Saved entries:
────────────────────
-- ===== src/Gtfs/Schema.antt =====
-- internal/store/migrations/001_gtfs_schema.sql: the primary and the foreign keys and the INTEGER
-- columns, as the database that they make of the tables.
use public_transport_tracker.Base.{
  string_eq, nat_eq, Bool, true, false, not, ◌&&◌, ◌||◌, none, some, List, [], ◌∷◌, ◌++◌, String,
  ◌==◌, is_empty, ltb,
}
use public_transport_tracker.Base.Int.{ℤ, pos, negsuc, int_eq}
use public_transport_tracker.Gtfs.{
  Table, agencies, routes, stops, shapes, trips, stop_times, calendar, calendar_dates, Row, agency,
  route, stop, shape, trip, stop_time, service, service_date, Tables, Database, begin, commit,
  delete_from, prepare, insert,
}

-- The other tables whose rows refer to rows of a table.
abbrev pub referring : Table → List Table
referring agencies = routes ∷ []
referring routes = trips ∷ []
referring stops = stop_times ∷ []
referring shapes = trips ∷ []
referring trips = stop_times ∷ []
referring stop_times = []
referring calendar = []
referring calendar_dates = []

abbrev pub is_integer : ℤ → Bool
is_integer (pos n) = ltb n 2_147_483_648
is_integer (negsuc n) = ltb n 2_147_483_648

module _ {F : Type 0} where
  abbrev pub any_row : (Row F → Bool) → List (Row F) → Bool
  any_row test [] = false
  any_row test (row ∷ rows) = test row || any_row test rows

  -- PRIMARY KEY
  abbrev pub same_key : Row F → Row F → Bool
  same_key (agency i _ _ _ _ _) (agency j _ _ _ _ _) = i == j
  same_key (route i _ _ _ _ _ _ _) (route j _ _ _ _ _ _ _) = i == j
  same_key (stop i _ _ _ _ _ _) (stop j _ _ _ _ _ _) = i == j
  same_key (shape i _) (shape j _) = i == j
  same_key (trip i _ _ _ _ _ _) (trip j _ _ _ _ _ _) = i == j
  same_key (stop_time i _ m _ _ _ _) (stop_time j _ n _ _ _ _) = i == j && m == n
  same_key (service i _ _ _ _ _ _ _ _ _) (service j _ _ _ _ _ _ _ _ _) = i == j
  same_key (service_date i s _) (service_date j t _) = i == j && s == t
  same_key _ _ = false

  -- A row of a table with one text for its key, which is this one.
  abbrev pub has_id : String → Row F → Bool
  has_id id (agency i _ _ _ _ _) = i == id
  has_id id (route i _ _ _ _ _ _ _) = i == id
  has_id id (stop i _ _ _ _ _ _) = i == id
  has_id id (shape i _) = i == id
  has_id id (trip i _ _ _ _ _ _) = i == id
  has_id id _ = false

  abbrev pub knows : String → List (Row F) → Bool
  knows id rows = any_row (has_id id) rows

  -- REFERENCES, to other tables
  abbrev pub has_links : Table → Row F → Tables F → Bool
  has_links routes (route _ a _ _ _ _ _ _) db = knows a (db agencies)
  has_links trips (trip _ r _ _ _ _ none) db = knows r (db routes)
  has_links trips (trip _ r _ _ _ _ (some s)) db = knows r (db routes) && knows s (db shapes)
  has_links stop_times (stop_time t s _ _ _ _ _) db = knows t (db trips) && knows s (db stops)
  has_links _ _ db = true

  -- parent_station TEXT REFERENCES stops(stop_id): a stop may be its own parent.
  abbrev pub has_parent : Row F → List (Row F) → Bool
  has_parent (stop i _ _ _ (some p) _ _) rows = i == p || knows p rows
  has_parent _ rows = true

  -- The INTEGER columns hold 32 bits.
  abbrev pub has_integers : Row F → Bool
  has_integers (route _ _ _ _ route_type _ _ sort_order) =
      is_integer route_type && is_integer sort_order
  has_integers (stop _ _ _ location_type _ _ _) = is_integer location_type
  has_integers (trip _ _ _ _ _ direction_id _) = is_integer direction_id
  has_integers (stop_time _ _ sequence _ _ pickup_type drop_off_type) =
      is_integer sequence && (is_integer pickup_type && is_integer drop_off_type)
  has_integers (service_date _ _ exception_type) = is_integer exception_type
  has_integers _ = true

  -- What a row must meet, beside the rows that the table has.
  abbrev pub fits_row : Table → Row F → List (Row F) → Tables F → Bool
  fits_row t row rows db =
      has_integers row
      && (not (any_row (same_key row) rows) && (has_parent row rows && has_links t row db))

  abbrev pub all_empty : List Table → Tables F → Bool
  all_empty [] db = true
  all_empty (t ∷ tables) db = is_empty (db t) && all_empty tables db

  -- The database, which checks the integers and the keys of each statement.
  unfoldable pub schema : Database F
  schema begin db = true
  schema commit db = true
  schema (prepare t) db = true
  schema (delete_from t) db = all_empty (referring t) db
  schema (insert t row) db = fits_row t row (db t) db

  -- The rows of a table, if each of them has a key of its own, integers of 32 bits and its parent before it,
  -- and refers to rows that there are.
  abbrev pub fits_rows : Table → List (Row F) → List (Row F) → Tables F → Bool
  fits_rows t before [] db = true
  fits_rows t before (row ∷ rows) db =
      let rest = fits_rows t (before ++ row ∷ []) rows db in fits_row t row before db && rest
────────────────────
Goal of the exercise — Copy all of the entries above exactly as shown.

Solution to this exercise —
-- ===== src/Gtfs/Schema.antt =====
-- internal/store/migrations/001_gtfs_schema.sql: the primary and the foreign keys and the INTEGER
-- columns, as the database that they make of the tables.
use public_transport_tracker.Base.{
  string_eq, nat_eq, Bool, true, false, not, ◌&&◌, ◌||◌, none, some, List, [], ◌∷◌, ◌++◌, String,
  ◌==◌, is_empty, ltb,
}
use public_transport_tracker.Base.Int.{ℤ, pos, negsuc, int_eq}
use public_transport_tracker.Gtfs.{
  Table, agencies, routes, stops, shapes, trips, stop_times, calendar, calendar_dates, Row, agency,
  route, stop, shape, trip, stop_time, service, service_date, Tables, Database, begin, commit,
  delete_from, prepare, insert,
}

-- The other tables whose rows refer to rows of a table.
abbrev pub referring : Table → List Table
referring agencies = routes ∷ []
referring routes = trips ∷ []
referring stops = stop_times ∷ []
referring shapes = trips ∷ []
referring trips = stop_times ∷ []
referring stop_times = []
referring calendar = []
referring calendar_dates = []

abbrev pub is_integer : ℤ → Bool
is_integer (pos n) = ltb n 2_147_483_648
is_integer (negsuc n) = ltb n 2_147_483_648

module _ {F : Type 0} where
  abbrev pub any_row : (Row F → Bool) → List (Row F) → Bool
  any_row test [] = false
  any_row test (row ∷ rows) = test row || any_row test rows

  -- PRIMARY KEY
  abbrev pub same_key : Row F → Row F → Bool
  same_key (agency i _ _ _ _ _) (agency j _ _ _ _ _) = i == j
  same_key (route i _ _ _ _ _ _ _) (route j _ _ _ _ _ _ _) = i == j
  same_key (stop i _ _ _ _ _ _) (stop j _ _ _ _ _ _) = i == j
  same_key (shape i _) (shape j _) = i == j
  same_key (trip i _ _ _ _ _ _) (trip j _ _ _ _ _ _) = i == j
  same_key (stop_time i _ m _ _ _ _) (stop_time j _ n _ _ _ _) = i == j && m == n
  same_key (service i _ _ _ _ _ _ _ _ _) (service j _ _ _ _ _ _ _ _ _) = i == j
  same_key (service_date i s _) (service_date j t _) = i == j && s == t
  same_key _ _ = false

  -- A row of a table with one text for its key, which is this one.
  abbrev pub has_id : String → Row F → Bool
  has_id id (agency i _ _ _ _ _) = i == id
  has_id id (route i _ _ _ _ _ _ _) = i == id
  has_id id (stop i _ _ _ _ _ _) = i == id
  has_id id (shape i _) = i == id
  has_id id (trip i _ _ _ _ _ _) = i == id
  has_id id _ = false

  abbrev pub knows : String → List (Row F) → Bool
  knows id rows = any_row (has_id id) rows

  -- REFERENCES, to other tables
  abbrev pub has_links : Table → Row F → Tables F → Bool
  has_links routes (route _ a _ _ _ _ _ _) db = knows a (db agencies)
  has_links trips (trip _ r _ _ _ _ none) db = knows r (db routes)
  has_links trips (trip _ r _ _ _ _ (some s)) db = knows r (db routes) && knows s (db shapes)
  has_links stop_times (stop_time t s _ _ _ _ _) db = knows t (db trips) && knows s (db stops)
  has_links _ _ db = true

  -- parent_station TEXT REFERENCES stops(stop_id): a stop may be its own parent.
  abbrev pub has_parent : Row F → List (Row F) → Bool
  has_parent (stop i _ _ _ (some p) _ _) rows = i == p || knows p rows
  has_parent _ rows = true

  -- The INTEGER columns hold 32 bits.
  abbrev pub has_integers : Row F → Bool
  has_integers (route _ _ _ _ route_type _ _ sort_order) =
      is_integer route_type && is_integer sort_order
  has_integers (stop _ _ _ location_type _ _ _) = is_integer location_type
  has_integers (trip _ _ _ _ _ direction_id _) = is_integer direction_id
  has_integers (stop_time _ _ sequence _ _ pickup_type drop_off_type) =
      is_integer sequence && (is_integer pickup_type && is_integer drop_off_type)
  has_integers (service_date _ _ exception_type) = is_integer exception_type
  has_integers _ = true

  -- What a row must meet, beside the rows that the table has.
  abbrev pub fits_row : Table → Row F → List (Row F) → Tables F → Bool
  fits_row t row rows db =
      has_integers row
      && (not (any_row (same_key row) rows) && (has_parent row rows && has_links t row db))

  abbrev pub all_empty : List Table → Tables F → Bool
  all_empty [] db = true
  all_empty (t ∷ tables) db = is_empty (db t) && all_empty tables db

  -- The database, which checks the integers and the keys of each statement.
  unfoldable pub schema : Database F
  schema begin db = true
  schema commit db = true
  schema (prepare t) db = true
  schema (delete_from t) db = all_empty (referring t) db
  schema (insert t row) db = fits_row t row (db t) db

  -- The rows of a table, if each of them has a key of its own, integers of 32 bits and its parent before it,
  -- and refers to rows that there are.
  abbrev pub fits_rows : Table → List (Row F) → List (Row F) → Tables F → Bool
  fits_rows t before [] db = true
  fits_rows t before (row ∷ rows) db =
      let rest = fits_rows t (before ++ row ∷ []) rows db in fits_row t row before db && rest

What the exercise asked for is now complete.